→ **What to do**:
Set down, exactly, every line from the top of the listing through the one holding "pub mod Load".
------ Study material ------
-- ===== src/Reputation/File.antt =====
-- The reputation store in a JSON file: `JsonFileReputationStore` of reputation.rs, on a disk. The
-- operations of the file system leave their effects in order, so that a theorem can speak of the
-- disk at any moment; whether each of them succeeds is a parameter.
pub mod Effects
pub mod Atomic
pub mod Load
pub mod Reload
pub mod Tests
use acip_sidecar.Prelude.{
  ℕ, Bool, true, false, Option, none, some, List, [], ◌∷◌, ◌++◌, Result, ok, err, if◌then◌else◌,
  map, take, unwrap_or, is_empty,
}
use acip_sidecar.Text.{Text, text, as_bytes, from_utf8}
use acip_sidecar.Decimal.{to_decimal}
use acip_sidecar.Json.{Fallible}
use acip_sidecar.Reputation.{ReputationRecord, Observation, RepMap, record_file}
use acip_sidecar.Reputation.File.Effects.{
  FilePath, Bytes, Disk, Effect, create, write_byte, rename_to, remove, apply_all,
}

-- `path.file_name().and_then(|name| name.to_str()).unwrap_or("reputation.json")`.
abbrev name_of : FilePath → Text
name_of path = unwrap_or path.file_name (text "reputation.json")

unfoldable pub quarantine_path : FilePath → ℕ → FilePath
quarantine_path path ts = record path {
  file_name = some (name_of path ++ (text ".corrupt." ++ to_decimal ts));
}

unfoldable pub temp_path_for : FilePath → Text → ℕ → ℕ → FilePath
temp_path_for path parent pid nanos = record {
  parent = some parent;
  file_name = some (
      text "."
      ++ (name_of path ++ (text ".tmp." ++ (to_decimal pid ++ (text "." ++ to_decimal nanos)))));
}

-- serde_json on `JsonStoreFile`.
pub record StoreCodec : Type 0 where
  pub from_str : Text → Fallible RepMap
  pub to_string_pretty : RepMap → Fallible Text

-- What the steps of `load_or_create` meet. A copy that fails may have made the file, and written a
-- part of it: `copied` is its length, if there is one.
pub record LoadRun : Type 0 where
  pub now_unix : ℕ
  pub read : Fallible (Unit {0})
  pub rename : Fallible (Unit {0})
  pub copy : Fallible (Unit {0})
  pub copied : Option ℕ
  pub remove : Fallible (Unit {0})

-- The effects on the disk of a part of the program, in their order, and its result.
abbrev pub Traced : Type 0 → Type 0
Traced A = List Effect × A

copy_bytes : FilePath → Bytes → List Effect
copy_bytes path bytes = create path ∷ map (write_byte path) bytes

copied_part : FilePath → Bytes → Option ℕ → List Effect
unfolding copy_bytes
copied_part path bytes none = []
copied_part path bytes (some n) = copy_bytes path (take n bytes)

remove_effects : FilePath → Fallible (Unit {0}) → Traced (Fallible (Unit {0}))
remove_effects path (ok done) = (remove path ∷ [], ok tt)
remove_effects path (err e) = ([], err e)

-- `fs::copy(path, quarantine)?; fs::remove_file(path)?`.
copy_and_remove :
    LoadRun → FilePath → FilePath → Bytes → Fallible (Unit {0}) → Traced (Fallible (Unit {0}))
unfolding copy_bytes copied_part remove_effects
copy_and_remove run path quarantine bytes (ok done) =
    let (removed, result) = remove_effects path run.remove in
    (copy_bytes quarantine bytes ++ removed, result)
copy_and_remove run path quarantine bytes (err e) = (copied_part quarantine bytes run.copied, err e)

quarantine_effects :
    LoadRun → FilePath → FilePath → Bytes → Fallible (Unit {0}) → Traced (Fallible (Unit {0}))
unfolding copy_and_remove
quarantine_effects run path quarantine bytes (ok done) = (rename_to path quarantine ∷ [], ok tt)
quarantine_effects run path quarantine bytes (err e) =
    copy_and_remove run path quarantine bytes run.copy

unfoldable pub quarantine_corrupt_file :
    LoadRun → FilePath → FilePath → Bytes → Traced (Fallible (Unit {0}))
unfolding quarantine_effects
quarantine_corrupt_file run path quarantine bytes =
    quarantine_effects run path quarantine bytes run.rename

-- The `match` on the parsed file. Whether the file could be put aside is only logged.
parsed_or_quarantined : LoadRun → FilePath → Bytes → Fallible RepMap → Traced (Fallible RepMap)
unfolding quarantine_corrupt_file quarantine_path
parsed_or_quarantined run path bytes (ok records) = ([], ok records)
parsed_or_quarantined run path bytes (err e) =
    let (effects, logged) =
      quarantine_corrupt_file run path (quarantine_path path run.now_unix) bytes in
    (effects, ok [])

-- `fs::read_to_string`, which fails on bytes that are not UTF-8.
read_text : StoreCodec → LoadRun → FilePath → Bytes → Option Text → Traced (Fallible RepMap)
unfolding parsed_or_quarantined
read_text c run path bytes none = ([], err (text "stream did not contain valid UTF-8"))
read_text c run path bytes (some raw) = parsed_or_quarantined run path bytes (c.from_str raw)

read_file : StoreCodec → LoadRun → FilePath → Bytes → Fallible (Unit {0}) → Traced (Fallible RepMap)
unfolding read_text
read_file c run path bytes (ok done) = read_text c run path bytes (from_utf8 bytes)
read_file c run path bytes (err e) = ([], err e)

-- The disk is what the process sees of it: `path.exists()` is false as well where the metadata of the
-- file cannot be read, and the file is not there for the process then.
load_from : StoreCodec → LoadRun → FilePath → Option Bytes → Traced (Fallible RepMap)
unfolding read_file
load_from c run path none = ([], ok [])
load_from c run path (some bytes) = read_file c run path bytes run.read

unfoldable pub load_or_create : StoreCodec → LoadRun → FilePath → Disk → Traced (Fallible RepMap)
unfolding load_from
load_or_create c run path disk = load_from c run path (disk path)

-- What the steps of `persist` meet. A write that fails may have written a part.
pub record PersistRun : Type 0 where
  pub pid : ℕ
  pub nanos : ℕ
  pub create_dir_all : Fallible (Unit {0})
  pub open_new : Fallible (Unit {0})
  pub write_all : Fallible (Unit {0})
  pub written : ℕ
  pub rename : Fallible (Unit {0})
  pub remove : Fallible (Unit {0})

-- `let _ = fs::remove_file(&temp_path)`.
remove_best_effort : FilePath → Fallible (Unit {0}) → List Effect
unfolding remove_effects
remove_best_effort path outcome = (remove_effects path outcome).0

rename_over : PersistRun → FilePath → FilePath → Fallible (Unit {0}) → Traced (Fallible (Unit {0}))
unfolding remove_best_effort
rename_over run temp path (ok done) = (rename_to temp path ∷ [], ok tt)
rename_over run temp path (err e) = (remove_best_effort temp run.remove, err e)

write_temp :
    PersistRun → FilePath → FilePath → Bytes → Fallible (Unit {0}) → Traced (Fallible (Unit {0}))
unfolding rename_over
write_temp run temp path raw (ok done) =
    let (effects, result) = rename_over run temp path run.rename in
    (map (write_byte temp) raw ++ effects, result)
write_temp run temp path raw (err e) = (map (write_byte temp) (take run.written raw), err e)

open_temp :
    PersistRun → FilePath → FilePath → Bytes → Fallible (Unit {0}) → Traced (Fallible (Unit {0}))
unfolding write_temp
open_temp run temp path raw (ok done) =
    let (effects, result) = write_temp run temp path raw run.write_all in
    (create temp ∷ effects, result)
open_temp run temp path raw (err e) = ([], err e)

persist_raw :
    PersistRun
    → FilePath
    → Text
    → Fallible (Unit {0})
    → Fallible Text
    → Traced (Fallible (Unit {0}))
unfolding open_temp temp_path_for
persist_raw run path parent (ok done) (ok raw) =
    open_temp run (temp_path_for path parent run.pid run.nanos) path (as_bytes raw) run.open_new
persist_raw run path parent (ok done) (err e) = ([], err e)
persist_raw run path parent (err e) raw = ([], err e)

-- `self.path.parent().unwrap_or_else(|| Path::new("."))`.
abbrev parent_or_dot : FilePath → Text
parent_or_dot path = unwrap_or path.parent (text ".")

unfoldable pub persist : StoreCodec → PersistRun → FilePath → RepMap → Traced (Fallible (Unit {0}))
unfolding persist_raw
persist c run path records =
    let parent = parent_or_dot path in
    persist_raw run path parent (if is_empty parent then ok tt else run.create_dir_all)
      (c.to_string_pretty records)

-- The store: the map in memory, and the disk with its file.
pub record FileStore : Type 0 where
  pub records : RepMap
  pub disk : Disk

-- The disk after the effects of `persist`.
abbrev pub persisted : StoreCodec → PersistRun → FilePath → RepMap → Disk → Disk
persisted c run path records = apply_all (persist c run path records).0

-- `JsonFileReputationStore::record`, at the time `now`: the records that were written, and the new
-- store. The result of `persist` is dropped.
unfoldable pub record_and_persist :
    StoreCodec
    → PersistRun
    → FilePath
    → ℕ
    → FileStore
    → Observation
    → FileStore × List ReputationRecord
record_and_persist c run path now store obs =
    let (records, out) = record_file now store.records obs in
    (record { records = records; disk = persisted c run path records store.disk }, out)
------
→ **Task solution**:
-- ===== src/Reputation/File.antt =====
-- The reputation store in a JSON file: `JsonFileReputationStore` of reputation.rs, on a disk. The
-- operations of the file system leave their effects in order, so that a theorem can speak of the
-- disk at any moment; whether each of them succeeds is a parameter.
pub mod Effects
pub mod Atomic
pub mod Load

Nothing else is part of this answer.